START WORKING DATA

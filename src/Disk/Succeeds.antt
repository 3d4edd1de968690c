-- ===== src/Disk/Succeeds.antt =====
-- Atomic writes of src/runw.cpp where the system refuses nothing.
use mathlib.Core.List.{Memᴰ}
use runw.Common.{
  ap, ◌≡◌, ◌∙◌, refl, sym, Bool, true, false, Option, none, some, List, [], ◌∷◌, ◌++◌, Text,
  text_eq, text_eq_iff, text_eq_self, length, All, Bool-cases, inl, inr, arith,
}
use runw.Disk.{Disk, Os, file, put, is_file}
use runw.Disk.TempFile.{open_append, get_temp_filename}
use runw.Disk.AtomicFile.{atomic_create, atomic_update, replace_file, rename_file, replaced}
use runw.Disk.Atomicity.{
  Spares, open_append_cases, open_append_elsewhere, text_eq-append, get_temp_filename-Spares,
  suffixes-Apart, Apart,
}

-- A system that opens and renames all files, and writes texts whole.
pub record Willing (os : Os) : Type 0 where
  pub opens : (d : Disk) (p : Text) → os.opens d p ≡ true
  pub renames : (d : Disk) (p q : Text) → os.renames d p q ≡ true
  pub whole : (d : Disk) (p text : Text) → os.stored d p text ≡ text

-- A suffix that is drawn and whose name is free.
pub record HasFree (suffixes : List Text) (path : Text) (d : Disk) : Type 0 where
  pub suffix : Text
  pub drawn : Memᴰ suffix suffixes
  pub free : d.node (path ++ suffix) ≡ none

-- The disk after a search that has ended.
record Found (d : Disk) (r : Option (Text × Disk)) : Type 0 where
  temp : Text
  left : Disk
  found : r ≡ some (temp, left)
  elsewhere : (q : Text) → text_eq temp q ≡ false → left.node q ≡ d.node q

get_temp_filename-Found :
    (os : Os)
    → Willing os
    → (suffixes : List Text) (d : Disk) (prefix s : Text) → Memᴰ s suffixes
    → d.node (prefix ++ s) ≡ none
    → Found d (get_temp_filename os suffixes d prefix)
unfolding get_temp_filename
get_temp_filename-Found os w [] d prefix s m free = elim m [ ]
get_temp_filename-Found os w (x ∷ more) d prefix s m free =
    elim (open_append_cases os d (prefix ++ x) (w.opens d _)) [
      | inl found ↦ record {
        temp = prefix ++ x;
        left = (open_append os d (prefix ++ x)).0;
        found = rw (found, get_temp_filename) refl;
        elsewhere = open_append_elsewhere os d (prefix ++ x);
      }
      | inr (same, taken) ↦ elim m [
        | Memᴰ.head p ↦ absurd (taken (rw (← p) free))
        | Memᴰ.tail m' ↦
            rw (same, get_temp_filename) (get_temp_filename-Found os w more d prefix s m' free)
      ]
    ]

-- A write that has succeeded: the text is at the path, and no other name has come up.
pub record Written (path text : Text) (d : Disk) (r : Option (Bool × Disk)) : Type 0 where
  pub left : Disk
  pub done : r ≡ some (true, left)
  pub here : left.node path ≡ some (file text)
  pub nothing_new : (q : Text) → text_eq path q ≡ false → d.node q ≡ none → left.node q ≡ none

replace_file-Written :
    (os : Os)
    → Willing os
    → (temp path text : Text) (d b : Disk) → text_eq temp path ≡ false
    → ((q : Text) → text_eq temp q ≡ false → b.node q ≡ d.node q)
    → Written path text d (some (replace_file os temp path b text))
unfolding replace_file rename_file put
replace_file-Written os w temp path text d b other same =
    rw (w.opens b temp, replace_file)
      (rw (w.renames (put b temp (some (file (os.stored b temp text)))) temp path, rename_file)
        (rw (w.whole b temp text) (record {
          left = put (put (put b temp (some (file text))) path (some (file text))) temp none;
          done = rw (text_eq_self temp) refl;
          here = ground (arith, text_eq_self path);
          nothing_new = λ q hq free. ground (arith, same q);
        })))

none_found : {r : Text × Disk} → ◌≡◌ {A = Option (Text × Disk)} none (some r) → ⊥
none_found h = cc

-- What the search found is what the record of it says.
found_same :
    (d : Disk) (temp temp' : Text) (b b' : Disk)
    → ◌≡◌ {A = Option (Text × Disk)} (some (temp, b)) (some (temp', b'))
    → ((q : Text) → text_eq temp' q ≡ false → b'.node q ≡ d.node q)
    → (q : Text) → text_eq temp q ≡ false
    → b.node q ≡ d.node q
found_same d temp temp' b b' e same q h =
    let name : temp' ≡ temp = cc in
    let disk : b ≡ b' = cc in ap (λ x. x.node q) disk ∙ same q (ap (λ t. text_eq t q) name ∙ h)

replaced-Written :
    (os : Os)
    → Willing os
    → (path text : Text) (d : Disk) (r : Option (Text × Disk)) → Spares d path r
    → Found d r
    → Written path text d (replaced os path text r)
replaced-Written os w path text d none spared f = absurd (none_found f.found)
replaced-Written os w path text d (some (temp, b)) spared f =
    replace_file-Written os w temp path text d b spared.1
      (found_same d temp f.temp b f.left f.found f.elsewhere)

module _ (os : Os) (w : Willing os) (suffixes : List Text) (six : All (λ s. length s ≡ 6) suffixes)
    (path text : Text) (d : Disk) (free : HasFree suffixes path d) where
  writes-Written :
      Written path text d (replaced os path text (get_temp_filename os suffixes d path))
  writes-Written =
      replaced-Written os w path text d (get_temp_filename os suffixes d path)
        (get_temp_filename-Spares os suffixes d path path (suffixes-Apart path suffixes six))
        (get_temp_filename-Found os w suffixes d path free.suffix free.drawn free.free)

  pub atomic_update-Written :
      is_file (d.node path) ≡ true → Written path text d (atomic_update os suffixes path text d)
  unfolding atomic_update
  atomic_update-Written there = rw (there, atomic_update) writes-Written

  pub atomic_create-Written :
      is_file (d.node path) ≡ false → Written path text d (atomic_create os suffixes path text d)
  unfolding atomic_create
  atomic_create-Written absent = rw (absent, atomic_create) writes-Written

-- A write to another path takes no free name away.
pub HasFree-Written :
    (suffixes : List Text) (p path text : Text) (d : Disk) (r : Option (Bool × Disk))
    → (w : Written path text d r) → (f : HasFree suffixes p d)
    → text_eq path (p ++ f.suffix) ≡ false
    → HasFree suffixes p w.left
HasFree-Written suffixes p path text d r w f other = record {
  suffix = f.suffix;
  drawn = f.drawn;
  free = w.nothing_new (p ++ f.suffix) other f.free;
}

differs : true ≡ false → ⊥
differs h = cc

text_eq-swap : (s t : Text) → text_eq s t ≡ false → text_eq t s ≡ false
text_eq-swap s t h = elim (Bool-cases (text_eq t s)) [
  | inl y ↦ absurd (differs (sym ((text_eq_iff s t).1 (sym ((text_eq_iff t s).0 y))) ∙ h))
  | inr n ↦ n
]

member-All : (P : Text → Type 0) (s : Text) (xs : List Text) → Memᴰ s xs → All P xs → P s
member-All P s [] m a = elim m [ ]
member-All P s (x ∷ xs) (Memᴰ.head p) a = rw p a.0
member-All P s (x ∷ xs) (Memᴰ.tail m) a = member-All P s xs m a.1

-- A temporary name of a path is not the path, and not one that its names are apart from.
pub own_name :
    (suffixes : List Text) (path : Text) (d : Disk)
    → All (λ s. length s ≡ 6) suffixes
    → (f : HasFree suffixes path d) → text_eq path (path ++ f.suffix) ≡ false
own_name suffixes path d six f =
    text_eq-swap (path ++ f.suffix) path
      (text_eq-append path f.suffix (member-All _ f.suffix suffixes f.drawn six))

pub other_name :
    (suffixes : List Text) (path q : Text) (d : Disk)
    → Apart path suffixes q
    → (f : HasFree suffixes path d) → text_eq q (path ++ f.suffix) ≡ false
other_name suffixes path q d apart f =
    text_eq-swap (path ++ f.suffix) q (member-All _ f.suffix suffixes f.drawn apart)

END WORKING DATA

■ ABOUT THIS TASK
Copy the entries above exactly, but only from the line holding "replaced-Written os w path text d (get_temp_filename" through the line holding "other_name suffixes path", both included.

■ RESPONSE
      replaced-Written os w path text d (get_temp_filename os suffixes d path)
        (get_temp_filename-Spares os suffixes d path path (suffixes-Apart path suffixes six))
        (get_temp_filename-Found os w suffixes d path free.suffix free.drawn free.free)

  pub atomic_update-Written :
      is_file (d.node path) ≡ true → Written path text d (atomic_update os suffixes path text d)
  unfolding atomic_update
  atomic_update-Written there = rw (there, atomic_update) writes-Written

  pub atomic_create-Written :
      is_file (d.node path) ≡ false → Written path text d (atomic_create os suffixes path text d)
  unfolding atomic_create
  atomic_create-Written absent = rw (absent, atomic_create) writes-Written

-- A write to another path takes no free name away.
pub HasFree-Written :
    (suffixes : List Text) (p path text : Text) (d : Disk) (r : Option (Bool × Disk))
    → (w : Written path text d r) → (f : HasFree suffixes p d)
    → text_eq path (p ++ f.suffix) ≡ false
    → HasFree suffixes p w.left
HasFree-Written suffixes p path text d r w f other = record {
  suffix = f.suffix;
  drawn = f.drawn;
  free = w.nothing_new (p ++ f.suffix) other f.free;
}

differs : true ≡ false → ⊥
differs h = cc

text_eq-swap : (s t : Text) → text_eq s t ≡ false → text_eq t s ≡ false
text_eq-swap s t h = elim (Bool-cases (text_eq t s)) [
  | inl y ↦ absurd (differs (sym ((text_eq_iff s t).1 (sym ((text_eq_iff t s).0 y))) ∙ h))
  | inr n ↦ n
]

member-All : (P : Text → Type 0) (s : Text) (xs : List Text) → Memᴰ s xs → All P xs → P s
member-All P s [] m a = elim m [ ]
member-All P s (x ∷ xs) (Memᴰ.head p) a = rw p a.0
member-All P s (x ∷ xs) (Memᴰ.tail m) a = member-All P s xs m a.1

-- A temporary name of a path is not the path, and not one that its names are apart from.
pub own_name :
    (suffixes : List Text) (path : Text) (d : Disk)
    → All (λ s. length s ≡ 6) suffixes
    → (f : HasFree suffixes path d) → text_eq path (path ++ f.suffix) ≡ false
own_name suffixes path d six f =
    text_eq-swap (path ++ f.suffix) path
      (text_eq-append path f.suffix (member-All _ f.suffix suffixes f.drawn six))

pub other_name :
    (suffixes : List Text) (path q : Text) (d : Disk)
    → Apart path suffixes q
    → (f : HasFree suffixes path d) → text_eq q (path ++ f.suffix) ≡ false
other_name suffixes path q d apart f =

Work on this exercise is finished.